Shetland : Climbing social care costs explained
COUNCILLORS in Shetland only have themselves to blame for a huge increase in staff in its social care department having agreed to ramp up numbers over a seven year period.
Shetland Islands Council’s audit and standards committee quizzed its former social work director Christine Ferguson on Thursday on why costs had gone through the roof.
The were concerned that the number of full time equivalent staff (FTE) almost tripled from 303 in March 2003 to 871 in September 2010, accounting for much of the council’s well publicised overspending.
During the same period the cost of employing care staff shot up from £8.6 million to £24.1 million.
The department now employs around 779 staff, but is finding it hard to retain them with talk of cuts and competition from the burgeoning oil and gas industry.
Ferguson spent 90 minutes patiently explaining why the number of social care staff had risen so dramatically, including:
• 165 FTE were added to the SIC workforce when the Shetland Welfare Trust was incorporated, which also realised £500,000 in effeciency savings;
• the council embarked on an expensive programme of devising an unrivalled standard of care, a policy it could ill afford;
• opening Montfield support services in March 2010 created almost 32 FTE; and
• delegated authority granted in July 2009 allowed her to create and delete posts within approved budgets.

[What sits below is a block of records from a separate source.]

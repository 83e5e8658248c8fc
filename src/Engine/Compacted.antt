-- ===== src/Engine/Compacted.antt =====
-- What `compact` of src/engine.rs keeps: a well-formed state, and its description on disk.
use flash_store.Prelude.{
  ◌^◌, ◌<◌, ◌+◌, ℕ, zero, suc, ◌≡◌, refl, ap, sym, ◌∙◌, List, [], ◌∷◌, ◌++◌, Option, none, some,
  arith, All-append, subst,
}
use flash_store.Compaction
use flash_store.Compaction.{
  Compactor, CompactionTask, Compacted, pick_compaction, run_compaction, delete_all, write_entries,
  gather, final_entries, merge_entries,
}
use flash_store.Error.{Result, ok, err, ◌>>=◌}
use flash_store.External.{Buf, Crc32, Bincode}
use flash_store.Manifest.{FileMetaData, VersionEdit, VersionSet, new_set, new_edit, log_and_apply}
use flash_store.Manifest.Log
use flash_store.Manifest.Log.{log_edit-frame, encode_all-snoc}
use flash_store.Manifest.Versions
use flash_store.Manifest.Versions.{
  log_and_apply-IsValid, take_file_number-IsValid, HasNumber, NumbersFit, NumbersFit-Room,
}
use flash_store.Tables.{Tables}
use flash_store.Types.{Entry}
use flash_store.Wal.Record.{WalRecord}
use flash_store.Engine.{Engine}
use flash_store.Engine.Compacting.{apply_compacted, compact_loop, compact, numbered}
use flash_store.Engine.Flush.{IsValid, log_and_apply_max}
use flash_store.Memtable
use flash_store.Engine.Opening.{replay}
use flash_store.Engine.Durable.{Persisted, described, SeqUpTo}
use flash_store.Engine.Durable.Flushed.{apply_edits-snoc, log_and_apply_levels}

-- What a property of all values says of a result.
bound_ok {ℓ κ} :
    {A : Type ℓ} {B : Type κ} (P : B → Type 0) (o : Result A) (f : A → B) (b : B)
    → ((a : A) → P (f a))
    → (o >>= (λ a. ok (f a))) ≡ ok b
    → P b
bound_ok P (err e) f b h eq = absurd cc
bound_ok P (ok a) f b h eq = let e : f a ≡ b = cc in subst P e (h a)

-- A condition on what is there.
abbrev pub IfSome : {A : Type 0} → (A → Type 0) → Option A → Type 0
IfSome P none = Unit
IfSome P (some a) = P a

abbrev pub IfOk : {A : Type 0} → (A → Type 0) → Result A → Type 0
IfOk P (err e) = Unit
IfOk P (ok a) = P a

-- The two branches of a pass.
pub pick_cases :
    {A E : Type 0} (P : E → Type 0) (o : Option A) (next : A → Result E) (G : A → Type 0) (s t : E)
    → (elim o [ none ↦ ok s | some a ↦ next a ]) ≡ ok t
    → IfSome G o
    → P s
    → ((a : A) → next a ≡ ok t → G a → P t)
    → P t
pick_cases P none next G s t eq fit p k = let e : s ≡ t = cc in subst P e p
pick_cases P (some a) next G s t eq fit p k = k a eq fit

pub run_cases :
    {A E : Type 0} (P : E → Type 0) (o : Result A) (next : A → Result E) (G : A → Type 0) (t : E)
    → (o >>= next) ≡ ok t
    → IfOk G o
    → ((a : A) → o ≡ ok a → next a ≡ ok t → G a → P t)
    → P t
run_cases P (err e) next G t eq fit k = absurd cc
run_cases P (ok a) next G t eq fit k = k a refl eq fit

pub numbered-keeps :
    {A : Type 0} (vs : VersionSet) (t : Option A)
    → (HasNumber vs → Versions.IsValid vs → Versions.IsValid (numbered vs t))
      × ((numbered vs t).levels ≡ vs.levels)
      × ((numbered vs t).max_levels ≡ vs.max_levels)
      × ((numbered vs t).last_sequence ≡ vs.last_sequence)
numbered-keeps vs none = (λ _ v. v, refl, refl, refl)
numbered-keeps vs (some t) = (take_file_number-IsValid vs, refl, refl, refl)

delete_all-last :
    (level : ℕ) (fs : List FileMetaData) (edit : VersionEdit)
    → (delete_all level fs edit).last_sequence ≡ edit.last_sequence
unfolding delete_all
delete_all-last level [] edit = refl
delete_all-last level (f ∷ fs) edit = delete_all-last level fs _

pub log_and_apply-last :
    (vs : VersionSet) (edit : VersionEdit)
    → edit.last_sequence ≡ none
    → (log_and_apply vs edit).last_sequence ≡ vs.last_sequence
unfolding log_and_apply
log_and_apply-last vs edit h = rw h refl

pub delete_all-new :
    (level : ℕ) (fs : List FileMetaData) (edit : VersionEdit)
    → (delete_all level fs edit).new_files ≡ edit.new_files
unfolding delete_all
delete_all-new level [] edit = refl
delete_all-new level (f ∷ fs) edit = delete_all-new level fs _

write_entries-new :
    (Table : Type 0) ⦃tables : Tables Table⦄ (task : CompactionTask) (n : ℕ) (edit : VersionEdit)
    (es : List Entry)
    → n + 1 < 2 ^ 64
    → edit.new_files ≡ []
    → NumbersFit (write_entries {Table = Table} task n edit es).edit
unfolding write_entries
write_entries-new Table task n edit [] room h = rw h tt
write_entries-new Table task n edit (e ∷ es) room h = rw h (room, tt)

write_entries-last :
    (Table : Type 0) ⦃tables : Tables Table⦄ (task : CompactionTask) (n : ℕ) (edit : VersionEdit)
    (es : List Entry)
    → (write_entries {Table = Table} task n edit es).edit.last_sequence ≡ edit.last_sequence
unfolding write_entries
write_entries-last Table task n edit [] = refl
write_entries-last Table task n edit (e ∷ es) = refl

module _ {Table : Type 0} ⦃tables : Tables Table⦄ where
  -- No edit of a compaction sets the last sequence number.
  pub run_compaction-last :
      (c : Compactor) (task : CompactionTask) (files : ℕ → Option Table) (n : ℕ)
      (r : Compacted Table)
      → run_compaction c task files n ≡ ok r
      → r.edit.last_sequence ≡ none
  unfolding run_compaction
  run_compaction-last c task files n r h =
      let edit =
        delete_all task.target_level task.target_input_files
          (delete_all task.level task.input_files new_edit) in
      bound_ok (λ (x : Compacted Table). x.edit.last_sequence ≡ none)
        (gather files (task.input_files ++ task.target_input_files)) _ r
        (λ entries.
          write_entries-last Table task n edit _
          ∙ delete_all-last task.target_level task.target_input_files _
          ∙ delete_all-last task.level task.input_files new_edit)
        h

  -- The new file of a compaction has the number that it is given.
  pub run_compaction-NumbersFit :
      (c : Compactor) (task : CompactionTask) (files : ℕ → Option Table) (n : ℕ)
      (r : Compacted Table)
      → n + 1 < 2 ^ 64
      → run_compaction c task files n ≡ ok r
      → NumbersFit r.edit
  unfolding run_compaction
  run_compaction-NumbersFit c task files n r room h =
      bound_ok (λ (x : Compacted Table). NumbersFit x.edit)
        (gather files (task.input_files ++ task.target_input_files)) _ r
        (λ entries. write_entries-new Table task n _ _ room (
          delete_all-new task.target_level task.target_input_files _
          ∙ delete_all-new task.level task.input_files new_edit))
        h

module _ {Table : Type 0} ⦃tables : Tables Table⦄ ⦃buf : Buf⦄ ⦃crc : Crc32⦄
    ⦃wal_codec : Bincode WalRecord⦄ ⦃edit_codec : Bincode VersionEdit⦄ where
  pub apply_compacted-IsValid :
      (s : Engine Table) (r : Compacted Table)
      → HasNumber s.version_set
      → NumbersFit r.edit
      → IsValid s
      → IsValid (apply_compacted s r)
  unfolding apply_compacted
  apply_compacted-IsValid s r room fit v =
      let (valid, _, max, _) = numbered-keeps s.version_set r.table in
      let versions =
        (log_and_apply-IsValid (numbered s.version_set r.table) r.edit
          (NumbersFit-Room (numbered s.version_set r.table).next_file_number r.edit fit)
          (valid room v.versions)).0 in
      record {
        memtable = v.memtable;
        none_frozen = v.none_frozen;
        versions = versions;
        has_level =
            rw versions.count (rw (log_and_apply_max, max) (rw (← v.versions.count) v.has_level));
      }

  pub apply_compacted-Persisted :
      (s : Engine Table) (r : Compacted Table)
      → Log.Fits r.edit
      → NumbersFit r.edit
      → r.edit.last_sequence ≡ none
      → Persisted s
      → Persisted (apply_compacted s r)
  unfolding apply_compacted
  apply_compacted-Persisted s r fit numbers none_set p =
      let m = p.manifest in
      let vs = numbered s.version_set r.table in
      let (_, levels, max, last) = numbered-keeps s.version_set r.table in
      let (content, durable, at_end) = log_edit-frame s.manifest r.edit m.at_end fit in
      let new = apply_edits-snoc (new_set s.options.max_levels) p.edits r.edit in
      let same =
        ap (λ v. v.last_sequence) new ∙ log_and_apply-last (described s p.edits) r.edit none_set in
      let kept = log_and_apply-last vs r.edit none_set ∙ last in
      record {
        edits = p.edits ++ r.edit ∷ [];
        manifest = record {
          content =
              content
              ∙ ap (λ c. c ++ Log.encode r.edit) m.content
              ∙ sym (encode_all-snoc p.edits r.edit);
          durable = durable ∙ sym content;
          at_end = at_end;
          fit = All-append Log.Fits p.edits (r.edit ∷ []) m.fit (fit, tt);
          numbers = All-append NumbersFit p.edits (r.edit ∷ []) m.numbers (numbers, tt);
          max_levels = log_and_apply_max vs r.edit ∙ max ∙ m.max_levels;
          levels =
              log_and_apply_levels vs (described s p.edits) r.edit (levels ∙ m.levels)
              ∙ ap (λ v. v.levels) (sym new);
          last = omega (arith, same, kept, m.last);
        };
        records = p.records;
        log = record {
          holds = p.log.holds;
          sync = p.log.sync;
          memtable =
              p.log.memtable ∙ ap (λ n. (replay n (Memtable.new 0) p.records).table) (sym same);
          bounded = subst (λ n. SeqUpTo n s.memtable.table.map) (sym kept) p.log.bounded;
        };
      }

  -- Each of the passes has a file number left, and its edit is below 4 GiB.
  abbrev pub PassesFit : ℕ → Compactor → Engine Table → Type 0
  PassesFit zero c s = Unit
  PassesFit (suc passes) c s =
      IfSome
        (λ task.
          IfOk
            (λ (r : Compacted Table).
              (HasNumber s.version_set × Log.Fits r.edit)
              × PassesFit passes c (apply_compacted s r))
            (run_compaction c task s.files s.version_set.next_file_number))
        (pick_compaction c s.version_set.levels)

  compact_loop-keeps :
      (P : Engine Table → Type 0)
      → ((s : Engine Table) (r : Compacted Table)
          → HasNumber s.version_set
          → Log.Fits r.edit
          → NumbersFit r.edit
          → r.edit.last_sequence ≡ none
          → P s
          → P (apply_compacted s r))
      → (passes : ℕ) (c : Compactor) (s t : Engine Table) → compact_loop passes c s ≡ ok t
      → PassesFit passes c s
      → P s
      → P t
  unfolding compact_loop
  compact_loop-keeps P keeps zero c s t h fit p = let e : s ≡ t = cc in subst P e p
  compact_loop-keeps P keeps (suc passes) c s t h fit p =
      pick_cases P (pick_compaction c s.version_set.levels) _ _ s t h fit p (λ task h fit.
        run_cases P (run_compaction c task s.files s.version_set.next_file_number) _ _ t h fit
          (λ r run h fit. compact_loop-keeps P keeps passes c (apply_compacted s r) t h fit.1 (
            keeps s r fit.0.0 fit.0.1
              (run_compaction-NumbersFit c task s.files s.version_set.next_file_number r fit.0.0
                run)
              (run_compaction-last c task s.files s.version_set.next_file_number r run) p)))

  -- The passes that `compact` may make.
  abbrev pub CompactFits : Engine Table → Type 0
  CompactFits s =
      PassesFit 100 (Compaction.new s.options.max_levels s.options.base_level_size_bytes) s

  -- If `compact` succeeds on a well-formed state that its directory describes, with edits below 4
  -- GiB and a file number below 2^64 - 1 left for each pass: the new state is well-formed, its
  -- directory describes it, and its memtable and its log are as before.
  pub compact-keeps :
      (s t : Engine Table)
      → compact s ≡ ok t
      → CompactFits s
      → IsValid s
      → Persisted s
      → IsValid t × Persisted t × (t.memtable ≡ s.memtable) × (t.wal ≡ s.wal)
  unfolding compact apply_compacted
  compact-keeps s t h fit v p =
      compact_loop-keeps
        (λ x. IsValid x × Persisted x × (x.memtable ≡ s.memtable) × (x.wal ≡ s.wal))
        (λ x r room small numbers last (valid, kept, memtable, wal). (
          apply_compacted-IsValid x r room numbers valid,
          apply_compacted-Persisted x r small numbers last kept,
          memtable,
          wal,
        ))
        100 (Compaction.new s.options.max_levels s.options.base_level_size_bytes) s t h fit
        (v, p, refl, refl)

At the same time costs shot up due to single status, which gave many low paid social care workers a decent wage, while adding further pressure on council budgets.
Ferguson said that social care policies had radically changed over the last two to three years, with people being kept in their own home for as long as possible.
This, she said, did not only bring the social care budget back in line with what the council could afford, but also improved the “outcome” for clients.
“The high level of service can’t continue. The level of care has already changed to a degree and will change further,” she said.
The meeting also heard that the social work department was facing stiff competition from the booming oil and gas industry creating problems in retaining social care staff.
Social services committee chairman Cecil Smith said: “We are losing people daily, and that’s why clients are seeing different people on a daily basis.”
He added that councillors had made the decisions and council officials should not be blamed for implementing them.
“We have to sit down and remember that it was us as the council that agreed the policies and gave authority, so we as the council should take the responsibility,” he said.
Audit and standards committee chairman Allison Duncan added that he would also take his share of the “blame”, a term Ferguson described as “interesting”, pointing out that the council had tried to do its utmost to provide an unrivalled care service.
Shetland South member Billy Fox said he wanted to get to the bottom of what impact delegated authority has on council budgets and asked for further details to be tabled at the committee meeting.